Different CPUs store values in memory differently. Big endian machines store a number like $FFCC in memory in that order FF,CC. Little-endian machines store the bytes in reverse order CC, FF (that is, with the "little end" first).
The CHIP-8 architecture is big endian, so the code you will run has the instructions and data written in big endian.
In your statement "opcode = memory[pc] << 8 | memory[pc + 1];", it doesn't matter if the host CPU (the CPU of your computer) is little endian or big endian. It will always put a 16-bit big endian value into an integer in the correct order.
There are a couple of resources that might help: http://www.emulator101.com gives a CHIP-8 emulator tutorial along with some general emulator techniques. This one is good too: http://www.multigesture.net/articles/how-to-write-an-emulator-chip-8-interpreter/
You're going to have to setup a bunch of different bit masks to get the actual opcode from the 16-bit word in combination with a finite state machine in order to interpret those opcodes since it appears that there are some complications in how the opcodes are encoded (i.e., certain opcodes have register identifiers, etc., while others are fairly straight-forward with a single identifier).
Your finite state machine can basically do the following:
Get the first nibble of the opcode using a mask like `0xF000. This will allow you to "categorize" the opcode
Based on the function category from step 1, apply more masks to either get the register values from the opcode, or whatever other variables might be encoded with the opcode that will narrow down the actual function that would need to be called, as well as it's arguments.
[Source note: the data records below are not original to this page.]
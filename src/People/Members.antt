-- ===== src/People/Members.antt =====
-- Which team `TeamId` finds: the order of the players does not matter, and the team is theirs.
use rankedftw.Enums.Mode as Mode
use rankedftw.Enums.{id_by_keys, key_get}
use Prim.Native.String.{String}
use mathlib.Core.List as CoreList
use mathlib.Core.List.{foldr, Perm}
use mathlib.Core.List.Perm
use mathlib.Core.Option as CoreOption
use native.Mathlib.Nat.{ℕ_set}
use rankedftw.People.{StoredPlayer, People}
use rankedftw.People.Teams.{
  unknown_mode, mode_of, or_fails, Refusal, Outcome, ◌>>=◌, gives, fails, by_player_id, get_player,
  get_players, team_by_ids, get_team_id,
}
use rankedftw.Prelude.{
  ℕ, leb, Option, none, some, List, [], ◌∷◌, map, ◌≡◌, refl, sym, ap, ◌∙◌, ◌⊎◌, inl, inr, arith,
  Bool-cases,
}
use rankedftw.Prelude.Clock.{Day}
use rankedftw.Prelude.Sort.{insert_by, sort_by}
use rankedftw.Remote.Profiles.{Expressions}

insert_by_comm :
    (x y : ℕ) (zs : List ℕ)
    → insert_by leb x (insert_by leb y zs) ≡ insert_by leb y (insert_by leb x zs)
unfolding insert_by
insert_by_comm x y [] = ground arith
insert_by_comm x y (z ∷ zs) = ground (arith, insert_by_comm x y zs)

map-insert_by :
    (p : StoredPlayer) (ps : List StoredPlayer)
    → map (λ (p : StoredPlayer). p.id) (insert_by by_player_id p ps)
      ≡ insert_by leb p.id (map (λ (p : StoredPlayer). p.id) ps)
unfolding insert_by
map-insert_by p [] = refl
map-insert_by p (q ∷ ps) = elim (Bool-cases (leb p.id q.id)) [
  | inl e ↦ rw e refl
  | inr e ↦ rw e (ap (λ ids. q.id ∷ ids) (map-insert_by p ps))
]

abbrev add_id : Option ℕ → Option (List ℕ) → Option (List ℕ)
add_id none acc = none
add_id (some i) none = none
add_id (some i) (some ids) = some (insert_by leb i ids)

add_id_comm :
    (a b : Option ℕ) (acc : Option (List ℕ)) → add_id a (add_id b acc) ≡ add_id b (add_id a acc)
add_id_comm none none acc = refl
add_id_comm none (some j) acc = elim acc [ none ↦ refl | some ids ↦ refl ]
add_id_comm (some i) none acc = elim acc [ none ↦ refl | some ids ↦ refl ]
add_id_comm (some i) (some j) none = refl
add_id_comm (some i) (some j) (some ids) = ap some (insert_by_comm i j ids)

abbrev id_given : Outcome StoredPlayer → Option ℕ
id_given (gives p) = some p.id
id_given (fails f) = none

abbrev ids_given : Outcome (List StoredPlayer) → Option (List ℕ)
ids_given (gives ps) = some (map (λ (p : StoredPlayer). p.id) (sort_by by_player_id ps))
ids_given (fails f) = none

add_id-ids_given :
    (r : Outcome StoredPlayer) (rest : Outcome (List StoredPlayer))
    → add_id (id_given r) (ids_given rest)
      ≡ ids_given (r >>= (λ p. rest >>= (λ ps. gives (p ∷ ps))))
unfolding sort_by
add_id-ids_given (fails f) rest = refl
add_id-ids_given (gives p) (fails f) = refl
add_id-ids_given (gives p) (gives ps) = ap some (sym (map-insert_by p (sort_by by_player_id ps)))

pub Outcome-cases {ℓ} :
    {A : Type ℓ} (r : Outcome A) → ((a : A) × (r ≡ gives a)) ⊎ ((f : Refusal) × (r ≡ fails f))
Outcome-cases (gives a) = inl (a, refl)
Outcome-cases (fails f) = inr (f, refl)

module _ (re : Expressions) (limit : Day) (people : People) where
  abbrev sorted_ids : List String → Option (List ℕ)
  sorted_ids = foldr (λ url. add_id (id_given (get_player re limit people url))) (some [])

  sorted_ids-get_players :
      (urls : List String) → sorted_ids urls ≡ ids_given (get_players re limit people urls)
  unfolding get_players sort_by
  sorted_ids-get_players [] = refl
  sorted_ids-get_players (url ∷ urls) =
      ap (add_id (id_given (get_player re limit people url))) (sorted_ids-get_players urls)
      ∙ add_id-ids_given (get_player re limit people url) (get_players re limit people urls)

  -- For any mode and any addresses that each have their player: the search answers the same, a
  -- team, another status or an exception, in whatever order the addresses are given.
  pub get_team_id-perm :
      (mode : String) (urls others : List String) (players : List StoredPlayer)
      → Perm urls others
      → get_players re limit people urls ≡ gives players
      → get_team_id re limit people mode urls ≡ get_team_id re limit people mode others
  unfolding get_team_id
  get_team_id-perm mode urls others players p given =
      let same : ids_given (gives players) ≡ ids_given (get_players re limit people others) =
        ap ids_given (sym given)
        ∙ sym (sorted_ids-get_players urls)
        ∙ Perm.foldr-eq (CoreOption.is_set (CoreList.is_set ℕ_set))
            (λ url. add_id (id_given (get_player re limit people url)))
            (λ a b acc.
              add_id_comm (id_given (get_player re limit people a))
                (id_given (get_player re limit people b)) acc)
            p (some [])
        ∙ sorted_ids-get_players others in
      elim (Outcome-cases (get_players re limit people others)) [
        | inl (ps, e) ↦
            let ids : map (λ (p : StoredPlayer). p.id) (sort_by by_player_id players)
                ≡ map (λ (p : StoredPlayer). p.id) (sort_by by_player_id ps) =
              cc in
            rw (given, e)
              (ap
                (λ ids.
                  or_fails (mode_of (key_get mode (id_by_keys Mode.mapping))) (unknown_mode mode)
                  >>= (λ id. team_by_ids limit people id ids))
                ids)
        | inr (f, e) ↦ absurd cc
      ]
Once you have the opcode and the variable information, do a look-up into a fixed-length table of functions that have the appropriate handlers to coincide with the opcode functionality and the variables that go along with the opcode. While you can, in your state machine, hard-code the names of the functions that would go with each opcode once you've isolated the proper functionality, a table that you initialize with function-pointers for each opcode is a more flexible approach that will let you modify the code functionality easier (i.e., you could easily swap between debug handlers and "normal" handlers, etc.).